Task objective: Each line from the start of the data below through the one containing "-- time.Time.Add of" must be reproduced exactly.

Information supplied:
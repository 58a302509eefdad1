-- ===== src/Reboot/BackOff.antt =====
-- drainBackOff of op/reboot.go. An int64 is its bit pattern, a number below 2 ^ 64.
-- The stored entry is what GetRebootsEntry finds (`none` for an error), `r` is the number that
-- rand.Int63n(drainBackOffBaseSeconds) returns, and `now` is the time cut to whole seconds.
pub mod Delay
mod Samples
use cke.Prelude.{ℕ, ◌+◌, ◌-◌, ◌*◌, ◌%◌, ◌^◌, Option, none, some, ltb, ◌&&◌, if◌then◌else◌}
use cke.Cluster.{Time, second}
use cke.Reboot.{RebootStatus, queued, cancelled, RebootQueueEntry, status_eq}

abbrev pub drain_back_off_base_seconds : ℕ
drain_back_off_base_seconds = 300

abbrev pub drain_back_off_max_seconds : ℕ
drain_back_off_max_seconds = 1200

abbrev pub int64_mod : ℕ
int64_mod = 0x1_0000_0000_0000_0000

abbrev pub int64_half : ℕ
int64_half = 0x8000_0000_0000_0000

-- `(1 << (count - 1)) * base`, cut at the maximum. A pattern from the half on is negative, so it
-- passes the comparison.
back_off_seconds : ℕ → ℕ
back_off_seconds count =
    let seconds = 2 ^ (count - 1) * drain_back_off_base_seconds % int64_mod in
    if ltb seconds int64_half && ltb drain_back_off_max_seconds seconds
    then drain_back_off_max_seconds
    else seconds

-- time.Time.Add of a duration: a negative one goes back.
unfoldable pub add_duration : Time → ℕ → Time
add_duration t d = if ltb d int64_half then t + d else t - (int64_mod - d)

unfoldable pub back_off_expire : Time → ℕ → ℕ → Time
unfolding back_off_seconds add_duration
back_off_expire now count r =
    add_duration now ((back_off_seconds count + r) % int64_mod * second % int64_mod)

pub data Outcome : Type 0 where
  storage_error : Outcome
  left_cancelled : Outcome
  update : RebootQueueEntry → Outcome

unfoldable pub back_off_entry : Time → ℕ → RebootQueueEntry → RebootQueueEntry
unfolding back_off_expire
back_off_entry now r entry = record entry {
  status = queued;
  last_transition_time = now;
  drain_backoff_count = entry.drain_backoff_count + 1;
  drain_backoff_expire = back_off_expire now (entry.drain_backoff_count + 1) r;
}

unfoldable pub drain_back_off : Option RebootQueueEntry → Time → ℕ → RebootQueueEntry → Outcome
unfolding back_off_entry
drain_back_off none now r entry = storage_error
drain_back_off (some stored) now r entry =
    if status_eq stored.status cancelled
    then left_cancelled
    else update (back_off_entry now r entry)
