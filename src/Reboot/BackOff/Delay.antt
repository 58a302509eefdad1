-- ===== src/Reboot/BackOff/Delay.antt =====
-- How long a node waits after a failed drain.
use native.Mathlib.Nat.{pow-suc, add-zero, add-suc}
use cke.Prelude.{
  ℕ, zero, suc, ◌+◌, ◌-◌, ◌*◌, ◌%◌, ◌^◌, ◌≤◌, ◌<◌, min, ◌≡◌, refl, some, false, arith,
}
use cke.Cluster.{second}
use cke.Reboot.{queued, cancelled, RebootQueueEntry, status_eq}
use cke.Reboot.BackOff.{
  drain_back_off_base_seconds, drain_back_off_max_seconds, int64_mod, back_off_seconds,
  back_off_expire, drain_back_off, update,
}

pow_grows : (k d : ℕ) → 2 ^ k ≤ 2 ^ (k + d)
pow_grows k zero = rw add-zero (omega arith)
pow_grows k (suc d) = rw (add-suc, pow-suc) (omega (arith, pow_grows k d))

abbrev wanted_seconds : ℕ → ℕ
wanted_seconds k = min (2 ^ k * drain_back_off_base_seconds) drain_back_off_max_seconds

back_off_seconds_small : (k : ℕ) → k < 55 → back_off_seconds (k + 1) ≡ wanted_seconds k
unfolding back_off_seconds
back_off_seconds_small zero h = refl
back_off_seconds_small (suc zero) h = refl
back_off_seconds_small (suc (suc k)) h =
    let low : 4 ≤ 2 ^ (2 + k) = pow_grows 2 k in
    let high : 2 ^ (2 + k) ≤ 2 ^ (2 + k + (52 - k)) = pow_grows (2 + k) (52 - k) in
    let top : 2 + k + (52 - k) ≡ 54 = omega arith in
    let same : suc (suc k) ≡ 2 + k = omega arith in
    let count : 2 + k + 1 - 1 ≡ 2 + k = omega arith in
    let below : 2 ^ (2 + k) ≤ 2 ^ 54 = rw top at high in rw (same, count) (ground arith)

-- 300 is a multiple of 4, so a shift by 62 or more leaves no bit below 2 ^ 64.
shifted_out : (j : ℕ) → 2 ^ (62 + j) * 300 % int64_mod ≡ 0
shifted_out zero = refl
shifted_out (suc j) =
    let step : 2 ^ suc (62 + j) ≡ 2 ^ (62 + j) * 2 = pow-suc 2 (62 + j) in
    let shift : 62 + suc j ≡ suc (62 + j) = omega arith in
    rw (shift, step) (omega (arith, shifted_out j))

back_off_seconds_large : (j : ℕ) → back_off_seconds (62 + j + 1) ≡ 0
unfolding back_off_seconds
back_off_seconds_large j =
    let same : 62 + j + 1 - 1 ≡ 62 + j = omega arith in rw (same, shifted_out j) refl

expire-back_off :
    (now count r n : ℕ)
    → back_off_seconds count ≡ n
    → n ≤ 1200
    → r < 300
    → back_off_expire now count r ≡ now + (n + r) * second
unfolding back_off_expire
expire-back_off now count r n e small random = rw e (ground arith)

-- Where the stored entry is not cancelled, the drain has failed less than 55 times before and the
-- random number is below 300, the entry goes back to the queue with its failures counted, and
-- waits 300 seconds doubled for each earlier failure, 1200 at most, and the random number.
pub drain_back_off-doubles :
    (stored entry : RebootQueueEntry) (now r : ℕ)
    → status_eq stored.status cancelled ≡ false
    → entry.drain_backoff_count < 55
    → r < drain_back_off_base_seconds
    → drain_back_off (some stored) now r entry
      ≡ update (record entry {
        status = queued;
        last_transition_time = now;
        drain_backoff_count = entry.drain_backoff_count + 1;
        drain_backoff_expire =
            now
            + (min
                  (2 ^ entry.drain_backoff_count * drain_back_off_base_seconds)
                  drain_back_off_max_seconds
                + r)
              * second;
      })
unfolding drain_back_off
drain_back_off-doubles stored entry now r live few random = rw (
  live,
  expire-back_off now (entry.drain_backoff_count + 1) r _
      (back_off_seconds_small entry.drain_backoff_count few) (omega arith) random,
)

-- From 62 earlier failures on the shift leaves nothing of the 300 seconds: where the stored entry is
-- not cancelled, the entry waits for the random number of seconds alone.
pub drain_back_off-overflows :
    (stored entry : RebootQueueEntry) (now r j : ℕ)
    → status_eq stored.status cancelled ≡ false
    → entry.drain_backoff_count ≡ 62 + j
    → r < drain_back_off_base_seconds
    → drain_back_off (some stored) now r entry
      ≡ update (record entry {
        status = queued;
        last_transition_time = now;
        drain_backoff_count = 62 + j + 1;
        drain_backoff_expire = now + r * second;
      })
unfolding drain_back_off
drain_back_off-overflows stored entry now r j live many random =
    rw
      (
        live,
        many,
        expire-back_off now (62 + j + 1) r 0 (back_off_seconds_large j) (omega arith) random,
      )
      (ground arith)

Response to the task:
repository 58a302509eefdad1
-- ===== src/Reboot/BackOff.antt =====
-- drainBackOff of op/reboot.go. An int64 is its bit pattern, a number below 2 ^ 64.
-- The stored entry is what GetRebootsEntry finds (`none` for an error), `r` is the number that
-- rand.Int63n(drainBackOffBaseSeconds) returns, and `now` is the time cut to whole seconds.
pub mod Delay
mod Samples
use cke.Prelude.{ℕ, ◌+◌, ◌-◌, ◌*◌, ◌%◌, ◌^◌, Option, none, some, ltb, ◌&&◌, if◌then◌else◌}
use cke.Cluster.{Time, second}
use cke.Reboot.{RebootStatus, queued, cancelled, RebootQueueEntry, status_eq}

abbrev pub drain_back_off_base_seconds : ℕ
drain_back_off_base_seconds = 300

abbrev pub drain_back_off_max_seconds : ℕ
drain_back_off_max_seconds = 1200

abbrev pub int64_mod : ℕ
int64_mod = 0x1_0000_0000_0000_0000

abbrev pub int64_half : ℕ
int64_half = 0x8000_0000_0000_0000

-- `(1 << (count - 1)) * base`, cut at the maximum. A pattern from the half on is negative, so it
-- passes the comparison.
back_off_seconds : ℕ → ℕ
back_off_seconds count =
    let seconds = 2 ^ (count - 1) * drain_back_off_base_seconds % int64_mod in
    if ltb seconds int64_half && ltb drain_back_off_max_seconds seconds
    then drain_back_off_max_seconds
    else seconds

-- time.Time.Add of a duration: a negative one goes back.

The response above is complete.